The stated demand for the options obtained from an MBC is assessed given the core product acceptability. The test of options alone will not provide information on a possible change in the attractiveness of the core product. The main advantage of an MBC lies in the ability to test a large number of options. Up to 25 options have been tested without a noticeable decrease in performance. It is probable that the number can be even higher without the excessive deterioration of the reliability of estimated parameters.

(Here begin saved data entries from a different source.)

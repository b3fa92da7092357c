-- ===== src/Lock/Agreement.antt =====
-- Locking finds a conflict just where two packages of the index disagree under one key.
use etas.Base.Split.{split-append, join-split}
use etas.Base.{codes, split, join, contains, false, Text, Option, none, some}
use etas.Base.{List, [], ◌∷◌, ◌++◌, ◌≡◌, ◌≢◌, ◌↔◌, refl, sym, ap, ◌∙◌, All}
use etas.Base.TreeMap.{TreeMap, get}
use etas.Metadata.{ResolvedDependency, resolved, Dependencies, nil, cons}
use etas.Lockfile.{LockedPackage}
use etas.Lock.Packages.{
  key_of, locked_package_key, Locking, locked_index_dependency, dependency_lock_checksum,
  dependency_lock_refs, metadata_fingerprint, insert_index_dependency, insert_index_dependencies,
}
use etas.Resolver.Source.{lock_source}
use etas.Lock.Package.{started}
use etas.Lock.Conflicts.{insert_all, insert_all-append, all_kept, all_agree}

abbrev no_package : LockedPackage
no_package = record {
  name = [];
  version = [];
  source = [];
  checksum = [];
  dependencies = [];
  import_root = [];
  metadata_fingerprint = none;
}

abbrev or_no_package : Option LockedPackage → LockedPackage
or_no_package none = no_package
or_no_package (some p) = p

chosen_all :
    (m : TreeMap LockedPackage) (ps : List LockedPackage)
    → All (λ p. get (locked_package_key p) m ≡ some p) ps
    → All (λ p. or_no_package (get (locked_package_key p) m) ≡ p) ps
chosen_all m [] h = tt
chosen_all m (p ∷ ps) (e, h) = (ap or_no_package e, chosen_all m ps h)

-- Nothing in the import root and the name looks like the end of one.
abbrev pub HasNoBar : LockedPackage → Type 0
HasNoBar p = (contains p.import_root b'|' ≡ false) × (contains p.name b'|' ≡ false)

by_fields :
    (f : Text → LockedPackage) (ps : List LockedPackage)
    → All (λ p. f (locked_package_key p) ≡ p) ps
    → All (λ p. f (key_of p.import_root p.name p.version) ≡ p) ps
unfolding locked_package_key
by_fields f ps a = a

-- What the pieces of a key stand for.
abbrev of_pieces : ((import_root name version : Text) → LockedPackage) → List Text → LockedPackage
of_pieces f (root ∷ name ∷ rest) = f root name (join (codes "|") rest)
of_pieces f _ = no_package

pieces_lem :
    (f : (import_root name version : Text) → LockedPackage) (root name version : Text)
    → contains root b'|' ≡ false
    → contains name b'|' ≡ false
    → of_pieces f (split b'|' (key_of root name version)) ≡ f root name version
pieces_lem f root name version h k =
    ap (of_pieces f) (
      split-append b'|' root (name ++ (codes "|" ++ version)) h
      ∙ ap (λ ps. root ∷ ps) (split-append b'|' name version k))
    ∙ ap (f root name) (join-split b'|' version)

by_key :
    (f : (import_root name version : Text) → LockedPackage) (ps : List LockedPackage)
    → All HasNoBar ps
    → All (λ p. f p.import_root p.name p.version ≡ p) ps
    → All (λ p. of_pieces f (split b'|' (locked_package_key p)) ≡ p) ps
unfolding locked_package_key
by_key f [] b a = tt
by_key f (p ∷ ps) ((h, k), b) (e, a) =
    (pieces_lem f p.import_root p.name p.version h k ∙ e, by_key f ps b a)

nothing_locked : (k : Text) (q : LockedPackage) → get k started.packages ≢ some q
unfolding get
nothing_locked k q g = absurd (none-ne-some g)
  where
    none-ne-some : none ≡ some q → ⊥
    none-ne-some e = absurd (cc)

module _ {K M : Type 0} (content_digest : ResolvedDependency K M → Text) where
  -- The packages of an index in the order of the walk: a package before its dependencies.
  unfoldable mutual
    pub tree_packages : ResolvedDependency K M → List LockedPackage
    tree_packages (resolved i c r p ds f m) =
        record {
          name = i.name;
          version = i.version;
          source = lock_source p;
          checksum = dependency_lock_checksum content_digest (resolved i c r p ds f m);
          dependencies = dependency_lock_refs content_digest ds;
          import_root = r;
          metadata_fingerprint = metadata_fingerprint content_digest p f;
        }
        ∷ forest_packages ds

    pub forest_packages : Dependencies K M → List LockedPackage
    forest_packages nil = []
    forest_packages (cons d ds) = tree_packages d ++ forest_packages ds

  mutual
    unfolding insert_index_dependency locked_index_dependency insert_all tree_packages

    tree_lem :
        (d : ResolvedDependency K M) (s : Locking)
        → insert_index_dependency content_digest d s ≡ insert_all (tree_packages d) s
    tree_lem (resolved i c r p ds f m) s = forest_lem ds _

    forest_lem :
        (ds : Dependencies K M) (s : Locking)
        → insert_index_dependencies content_digest ds s ≡ insert_all (forest_packages ds) s
    forest_lem nil s = refl
    forest_lem (cons d ds) s =
        ap (insert_index_dependencies content_digest ds) (tree_lem d s)
        ∙ forest_lem ds (insert_all (tree_packages d) s)
        ∙ sym (insert_all-append (tree_packages d) (forest_packages ds) s)

  -- One package for each key.
  keys_iff :
      (ds : Dependencies K M)
      → ((insert_index_dependencies content_digest ds started).diagnostics ≡ []) ↔ (
          (f : Text → LockedPackage) × All (λ p. f (locked_package_key p) ≡ p) (forest_packages ds))
  keys_iff ds = (sound, complete)
    where
      sound :
          (insert_index_dependencies content_digest ds started).diagnostics ≡ []
          → (f : Text → LockedPackage) × All
              (λ p. f (locked_package_key p) ≡ p)
              (forest_packages ds)
      sound h =
          let (_, _, holds) =
            all_kept (forest_packages ds) started
              (ap (λ s. s.diagnostics) (sym (forest_lem ds started)) ∙ h) in
          (
            (λ k. or_no_package (get k (insert_all (forest_packages ds) started).packages)),
            chosen_all _ (forest_packages ds) holds,
          )

      complete :
          (f : Text → LockedPackage) × All (λ p. f (locked_package_key p) ≡ p) (forest_packages ds)
          → (insert_index_dependencies content_digest ds started).diagnostics ≡ []
      complete (f, a) =
          ap (λ s. s.diagnostics) (forest_lem ds started)
          ∙ all_agree f (forest_packages ds) started a (λ k q g. absurd (nothing_locked k q g)) refl

  -- If no import root and no name of the packages has a `|`, walking a package index reports no conflict
  -- exactly when the packages that it holds, at every depth, are determined by their import root, name and
  -- version: one package for each, with one source, checksum, fingerprint and list of dependencies.
  pub insert_index_dependencies_iff :
      (ds : Dependencies K M)
      → All HasNoBar (forest_packages ds)
      → ((insert_index_dependencies content_digest ds started).diagnostics ≡ []) ↔ (
          (f : (import_root name version : Text) → LockedPackage) × All
            (λ p. f p.import_root p.name p.version ≡ p)
            (forest_packages ds))
  insert_index_dependencies_iff ds bars = (
    (λ h.
        let (f, a) = (keys_iff ds).0 h in
        ((λ r n v. f (key_of r n v)), by_fields f (forest_packages ds) a)),
    (λ (f, a).
        (keys_iff ds).1 ((λ k. of_pieces f (split b'|' k)), by_key f (forest_packages ds) bars a)),
  )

The applications we had carried out so far dealt mostly with options of banking and telecommunication products and services and were used as extensions of the conjoint market simulators. They cannot be presented here for apparent reasons.
Combining multiple items into bundles is a common strategy when preferences and willingness to pay (WTP) vary across individuals. In turn, offering multiple items individually may yield the maximum profit. MBC is a natural method of help in the decision of which of the approaches to choose.The options included in each of the packages must address a substantial fraction of the potential target for the core product. Segmentation of the target by the expected interest in options can be done with LCA - Latent Class Analysis. To find the most appealing package (or packages) for each of the segments the portfolio optimization is a possible way.
Compared to the idea of "select from all possible aspects and combine them" used in product configurators, a low number of ready-made packages makes the decision for a customer much easier. Such packages should selected from several properly tested packages. Composition of packages is often restricted as not any aspect can be combined with any other aspect. The MBC test method is not suitable. The dual-MaxDiff-based package test can be used with the advantage of providing a view of the influence the aspects of the packages have.